Return the run of lines below that opens with the line containing "word b = get_or manchester_table b 0" and closes with the line containing "(==_iff (word b)", keeping each one exact.
[Opening PROVIDED ENTRIES section]
-- ===== src/Manchester/Code.antt =====
-- The Manchester code behind the table of src/manchester.rs: a bit is two half-bits of two bits each,
-- 01 for LOW and 10 for HIGH, the first one lowest.
use pico_10base_t_rs.Prelude.{
  ℕ, zero, suc, ◌+◌, ◌*◌, ◌/◌, ◌%◌, ◌^◌, ◌<◌, ◌≡◌, refl, ◌==◌, if◌then◌else◌, arith, get_or, ==_iff,
  all_below, all_below_lem, ◌∙◌, ap,
}
use pico_10base_t_rs.Manchester.{manchester_table}

-- LOW then HIGH for a 1, HIGH then LOW for a 0.
abbrev pub bit_code : ℕ → ℕ
bit_code bit = if bit == 1 then 1 + 4 * 2 else 2 + 4 * 1

-- The code of the lowest `n` bits, the lowest first.
abbrev pub code : ℕ → ℕ → ℕ
code zero b = 0
code (suc n) b = bit_code (b % 2) + 16 * code n (b / 2)

-- The bits of a word, by the second half-bit of each.
abbrev pub decode : ℕ → ℕ → ℕ
decode zero w = 0
decode (suc n) w = (if w / 4 % 4 == 2 then 1 else 0) + 2 * decode n (w / 16)

abbrev pub word : ℕ → ℕ
word b = get_or manchester_table b 0

pub word-code : (b : ℕ) → b < 256 → word b ≡ code 8 b
unfolding all_below
word-code b h =
    (==_iff (word b) (code 8 b)).0 (all_below_lem 256 (λ b. word b == code 8 b) b refl h)

decode-code : (n b : ℕ) → b < 2 ^ n → decode n (code n b) ≡ b
decode-code zero b h = omega arith
decode-code (suc n) b h =
    let twice : 2 ^ suc n ≡ 2 * 2 ^ n = omega arith in ground (arith, twice, decode-code n (b / 2))

-- Each entry of the table is the Manchester code of its index, and the index can be read back.
pub manchester_table-decode : (b : ℕ) → b < 256 → (word b ≡ code 8 b) × (decode 8 (word b) ≡ b)
manchester_table-decode b h =
    let coded = word-code b h in (coded, ap (decode 8) coded ∙ decode-code 8 b h)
[Closing PROVIDED ENTRIES section]
**ANSWER SECTION**
word b = get_or manchester_table b 0

pub word-code : (b : ℕ) → b < 256 → word b ≡ code 8 b
unfolding all_below
word-code b h =
    (==_iff (word b) (code 8 b)).0 (all_below_lem 256 (λ b. word b == code 8 b) b refl h)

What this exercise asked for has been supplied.